Seems like you've reverse-engineered the Substack model, where credibility really does rest with the individual writer, and mistakenly applied it to all of journalism. But that's not how legacy media works. The institution serves as a filter, which is exactly why it matters who's publishing.
> That's not how any of this works. Publications have editorial standards, fact-checking processes, and legal review. A story like this doesn't get published because one reporter decides to hit "post." It goes through layers of institutional vetting.
This certainly a popular narrative, but... C'mon, there isn't a single publication in existence that is inherently trustworthy because of "institutional vetting". The journalist is the entity that can actually build trust, and that "institutional vetting" can only detract from it.
> An individual blogger has the same legal liability in theory, but they don't have lawyers vetting their posts, aren't seen as worth suing, and may not even know the relevant law.

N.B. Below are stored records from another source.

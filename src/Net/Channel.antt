-- ===== src/Net/Channel.antt =====
-- The class `Channel` of winterfell/net/wf_channel.h and winterfell/net/wf_channel.cc: the events that
-- a descriptor is polled for, and the callbacks for those that occurred. A mask is a number; the
-- complement is that of a 32-bit integer.
pub mod Masks
use Prim.Native.Nat.{bit_and, bit_or}
use winterfell.Prelude.{
  ℕ, ◌-◌, ◌^◌, Bool, true, false, not, ◌&&◌, ◌||◌, List, [], ◌∷◌, ◌++◌, ◌==◌, if◌then◌else◌,
}
use winterfell.Prelude.Int.{ℤ, negsuc}

-- The constants of <poll.h>.
abbrev pub poll_in : ℕ
poll_in = 1

abbrev pub poll_pri : ℕ
poll_pri = 2

abbrev pub poll_out : ℕ
poll_out = 4

abbrev pub poll_err : ℕ
poll_err = 8

abbrev pub poll_hup : ℕ
poll_hup = 16

abbrev pub poll_nval : ℕ
poll_nval = 32

abbrev pub poll_rdhup : ℕ
poll_rdhup = 0x2000

abbrev pub none_event : ℕ
none_event = 0

abbrev pub read_event : ℕ
read_event = bit_or poll_in poll_pri

abbrev pub write_event : ℕ
write_event = poll_out

-- `index` is the place in the poller's array; the callbacks are told apart by which are set.
pub record Channel : Type 0 where
  pub fd : ℕ
  pub events : ℕ
  pub revents : ℕ
  pub index : ℤ
  pub has_read : Bool
  pub has_write : Bool
  pub has_error : Bool
  pub has_close : Bool

-- The constructor.
abbrev pub fresh_channel : ℕ → Channel
fresh_channel fd = record {
  fd = fd;
  events = 0;
  revents = 0;
  index = negsuc 0;
  has_read = false;
  has_write = false;
  has_error = false;
  has_close = false;
}

-- The changes of `events_`; the call of `update()` that follows is the poller's part.
unfoldable pub enable_reading : Channel → Channel
enable_reading c = record c { events = bit_or c.events read_event }

unfoldable pub enable_writing : Channel → Channel
enable_writing c = record c { events = bit_or c.events write_event }

unfoldable pub disable_writing : Channel → Channel
disable_writing c = record c { events = bit_and c.events (2 ^ 32 - 1 - write_event) }

unfoldable pub disable_all : Channel → Channel
disable_all c = record c { events = bit_or c.events none_event }

-- A mask as a condition.
abbrev pub overlaps : ℕ → ℕ → Bool
overlaps a b = not (bit_and a b == 0)

unfoldable pub is_writing : Channel → Bool
is_writing c = overlaps c.events write_event

unfoldable pub is_none_event : Channel → Bool
is_none_event c = c.events == none_event

-- A callback of the channel.
pub data Callback : Type 0 where
  on_close on_error on_read on_write : Callback

-- The callback, if it is set.
abbrev pub call : Bool → Callback → List Callback
call has callback = if has then callback ∷ [] else []

-- The calls that `handleEvent` makes, in order.
unfoldable pub handle_event : Channel → List Callback
handle_event c =
    (if overlaps c.revents poll_hup && not (overlaps c.events poll_in)
      then call c.has_close on_close
      else [])
    ++ ((if overlaps c.revents (bit_or poll_err poll_nval) then call c.has_error on_error else [])
        ++ ((if overlaps c.revents (bit_or (bit_or poll_in poll_pri) poll_rdhup)
              then call c.has_read on_read
              else [])
            ++ (if overlaps c.revents poll_out then call c.has_write on_write else [])))
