-- ===== src/Net/TcpConnection.antt =====
-- The class `TcpConnection` of winterfell/net/wf_tcp_connection.h and
-- winterfell/net/wf_tcp_connection.cc, as it runs in the thread of its loop, but
-- for the part of `shutdown` that another thread does. What a method asks of
-- the socket, the poller and the callbacks is returned as a list of effects; what `::write` and
-- `readv` do is an argument.
pub mod Output
pub mod History
pub mod Flush
pub mod Wire
pub mod Closing
use winterfell.Prelude.{
  ℕ, ◌+◌, ◌-◌, ◌≡◌, Bool, true, false, not, ◌&&◌, ◌||◌, List, [], ◌∷◌, ◌++◌, length, take, drop,
  Bytes, Run, done, aborted, ◌>>=◌, ◌>>◌, assert, ltb, ◌==◌, if◌then◌else◌,
}
use winterfell.Buffer.{
  Buffer, empty, peek, readable_bytes, append, retrieve, read_fd, ReadResult, failed, received,
}
use winterfell.Net.Channel.{
  Channel, fresh_channel, enable_reading, enable_writing, disable_writing, disable_all, is_writing,
}

-- `StateE`
pub data State : Type 0 where
  connecting connected disconnecting disconnected : State

pub record Connection : Type 0 where
  pub state : State
  pub channel : Channel
  pub input : Buffer
  pub output : Buffer
  -- whether `writeCompleteCallback_` is set
  pub notifies : Bool

pub data Effect : Type 0 where
  -- bytes that the socket took
  sent : Bytes → Effect
  -- `Channel::update` with this mask
  polls : ℕ → Effect
  -- `writeCompleteCallback_`, queued in the loop
  completed : Effect
  -- `Socket::shutdownWrite`
  shut_write : Effect
  -- `connectionCallback_`, `messageCallback_`, `closeCallback_`
  established messages closes : Effect
  -- `EventLoop::removeChannel`
  removes : Effect

-- `::write` returned a count, or -1 with this errno.
pub data WriteResult : Type 0 where
  wrote : ℕ → WriteResult
  write_failed : ℕ → WriteResult

-- The constructor. The three callbacks of the channel that it sets, and the read callback.
unfoldable pub fresh_connection : ℕ → Bool → Connection
fresh_connection fd notifies = record {
  state = connecting;
  channel = record (fresh_channel fd) {
    has_read = true;
    has_write = true;
    has_error = true;
    has_close = true;
  };
  input = empty;
  output = empty;
  notifies = notifies;
}

abbrev pub with_channel : (Channel → Channel) → Connection → Connection
with_channel f c = record c { channel = f c.channel }

-- `channel_->enableWriting()` and the like: the mask changes, and the poller hears of it.
abbrev pub polling : (Channel → Channel) → Connection → List Effect × Connection
polling f c = (polls ((f c.channel).events) ∷ [], with_channel f c)

-- Queue the callback, if it is set.
abbrev pub notify : Connection → List Effect
notify c = if c.notifies then completed ∷ [] else []

abbrev pub is_connected : State → Bool
is_connected connected = true
is_connected _ = false

abbrev pub is_disconnecting : State → Bool
is_disconnecting disconnecting = true
is_disconnecting _ = false

-- `enableReadInLoop`
unfoldable pub enable_read_in_loop : Connection → List Effect × Connection
enable_read_in_loop c = polling enable_reading c

unfoldable pub shutdown_in_loop : Connection → List Effect
shutdown_in_loop c = if not (is_writing c.channel) then shut_write ∷ [] else []

-- `sendInLoop`, after a write that took `n` bytes of the message.
unfoldable pub after_write : ℕ → Bytes → Connection → List Effect × Connection
after_write n message c =
    if ltb n (length message)
    then (let kept = record c { output = append (drop n message) c.output } in
        if not (is_writing c.channel) then polling enable_writing kept else ([], kept))
    else (notify c, c)

unfoldable pub send_in_loop : WriteResult → Bytes → Connection → List Effect × Connection
send_in_loop w message c =
    if not (is_writing c.channel) && (readable_bytes c.output == 0)
    then elim w [
      | wrote n ↦
          let (effects, c') = after_write n message c in (sent (take n message) ∷ effects, c')
      | write_failed e ↦ ([], c)
    ]
    else ([], c)

unfoldable pub send : WriteResult → Bytes → Connection → List Effect × Connection
send w message c = if is_connected c.state then send_in_loop w message c else ([], c)

unfoldable pub shutdown : Connection → List Effect × Connection
shutdown c =
    if is_connected c.state
    then (shutdown_in_loop c, record c { state = disconnecting })
    else ([], c)

-- `shutdown` in another thread, up to `runInLoop`, which queues `shutdownInLoop`. A `send` there queues `sendInLoop`.
unfoldable pub mark_disconnecting : Connection → Connection
mark_disconnecting c = if is_connected c.state then record c { state = disconnecting } else c

-- `handleWrite`, once all that was kept has been written.
unfoldable pub drained : Connection → List Effect × Connection
drained c =
    let c' = with_channel disable_writing c in
    (
      polls (c'.channel.events)
          ∷ (notify c ++ (if is_disconnecting c.state then shutdown_in_loop c' else [])),
      c',
    )

-- `handleWrite`, after a write that took `n` bytes of the output buffer.
unfoldable pub after_flush : ℕ → Connection → Run (List Effect × Connection)
after_flush n c = retrieve n c.output >>= λ output.
    let c' = record c { output = output } in
    let (effects, c'') = if readable_bytes output == 0 then drained c' else ([], c') in
    done (sent (take n (peek c.output)) ∷ effects, c'')

unfoldable pub handle_write : WriteResult → Connection → Run (List Effect × Connection)
handle_write w c =
    if is_writing c.channel
    then elim w [
      | wrote n ↦ if ltb 0 n then after_flush n c else done ([], c)
      | write_failed e ↦ done ([], c)
    ]
    else done ([], c)

unfoldable pub handle_close : Connection → Run (List Effect × Connection)
handle_close c = do
  assert (is_connected c.state || is_disconnecting c.state)
  let (effects, c') = polling disable_all c
  done (effects ++ closes ∷ [], c')

-- `readv` returns the number of bytes, 0 at the end of the stream, or -1.
unfoldable pub handle_read : ReadResult → Connection → Run (List Effect × Connection)
handle_read (failed e) c = done ([], c)
handle_read (received []) c = handle_close c
handle_read (received (x ∷ xs)) c =
    done (messages ∷ [], record c { input = (read_fd (received (x ∷ xs)) c.input).1 })

unfoldable pub connect_established : Connection → List Effect × Connection
connect_established c =
    let (effects, c') = polling enable_reading (record c { state = connected }) in
    (effects ++ established ∷ [], c')

unfoldable pub connect_destroyed : Connection → Run (List Effect × Connection)
connect_destroyed c = do
  assert (is_connected c.state || is_disconnecting c.state)
  let (effects, c') = polling disable_all (record c { state = disconnected })
  done (effects ++ removes ∷ [], c')
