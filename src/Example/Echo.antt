-- ===== src/Example/Echo.antt =====
-- The callbacks of the echo servers, example/echo/server.cc and example/echo_rate/server.cc, on a connection. What
-- `::write` does is an argument, and so are the readings of the clock.
pub mod Line
pub mod Returned
use winterfell.Prelude.{
  Bool, true, false, not, List, [], ◌∷◌, ◌++◌, Bytes, Option, some, none, Run, done, ◌>>=◌, ◌>>◌,
  assert, if◌then◌else◌,
}
use winterfell.Prelude.Int.{ℤ, pos, ltb_ℤ}
use winterfell.Base.Timestamp.{Timestamp}
use winterfell.Base.Rate.{Doubles, Limiter, Reservation, reserve_n, delay}
use winterfell.Buffer.{ReadResult, failed, received, retrieve_as_string}
use winterfell.Net.TcpConnection.{
  Connection, Effect, WriteResult, is_connected, send, handle_read, handle_write,
  connect_established,
}

-- `onConnect`, which `connectEstablished` calls last.
unfoldable pub on_connect : Connection → Run Connection
on_connect c = assert (is_connected c.state) >> done c

unfoldable pub establish : Connection → Run (List Effect × Connection)
establish c = let (fx, c') = connect_established c in on_connect c' >>= λ c''. done (fx, c'')

-- `onMessage`
unfoldable pub on_message : WriteResult → Connection → Run (List Effect × Connection)
on_message w c = do
  assert (is_connected c.state)
  let (msg, input) = retrieve_as_string c.input
  done (send w msg (record c { input = input }))

-- What the loop does with the connection: its socket can be read, or written.
pub data Event : Type 0 where
  reads : ReadResult → WriteResult → Event
  flushes : WriteResult → Event

unfoldable pub step : Event → Connection → Run (List Effect × Connection)
step (reads (failed e) w) c = handle_read (failed e) c
step (reads (received []) w) c = handle_read (received []) c
step (reads (received (x ∷ xs)) w) c = handle_read (received (x ∷ xs)) c >>= λ (fx, c').
    on_message w c' >>= λ (fx', c''). done (fx ++ fx', c'')
step (flushes w) c = handle_write w c

unfoldable pub run : List Event → Connection → Run (List Effect × Connection)
run [] c = done ([], c)
run (e ∷ es) c = step e c >>= λ (fx, c'). run es c' >>= λ (fx', c''). done (fx ++ fx', c'')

A major publication has both the resources and the knowledge to be careful and the deep pockets that make them an attractive target if they're not.
This is also another easy way of saying "capital regularly determines what headlines are considered credible". That is not the same thing as actual credibility. Have you never read Manufacturing Consent?
Granted, I don't know why capital would care in this case. But the idea that "institutional integrity" is anything but a liability is ridiculous.
I've read Manufacturing Consent more than once - it's one of my favorite books and Chomsky one of my favorite thinkers (really dismayed that he associated with Epstein but I digress). Anyway, you've got it backwards.
The propaganda model is explicitly not "capital determines what headlines are credible." Chomsky and Herman go out of their way to distinguish their structural critique from the crude conspiracy-theory version where owners call up editors and dictate coverage. That's the strawman critics use to dismiss them.
The five filters work through hiring practices, sourcing norms, resource allocation, advertising pressure, and ideological assumptions - not direct commands from capital. The bias is emergent and structural, not dictated. Chomsky makes this point repeatedly because he knows the "rich people control the news" framing is both wrong and easy to dismiss.
It's also not a general theory that institutional journalism can't accurately report facts. Chomsky cites mainstream sources constantly in his own work - he's not arguing the New York Times can't report that a building burned down.
Applying the propaganda model to whether People magazine can accurately report on a celebrity homicide is a stretch, to put it mildly. You've taken a sophisticated structural critique and flattened it into "all institutional journalism is fake, trust nothing."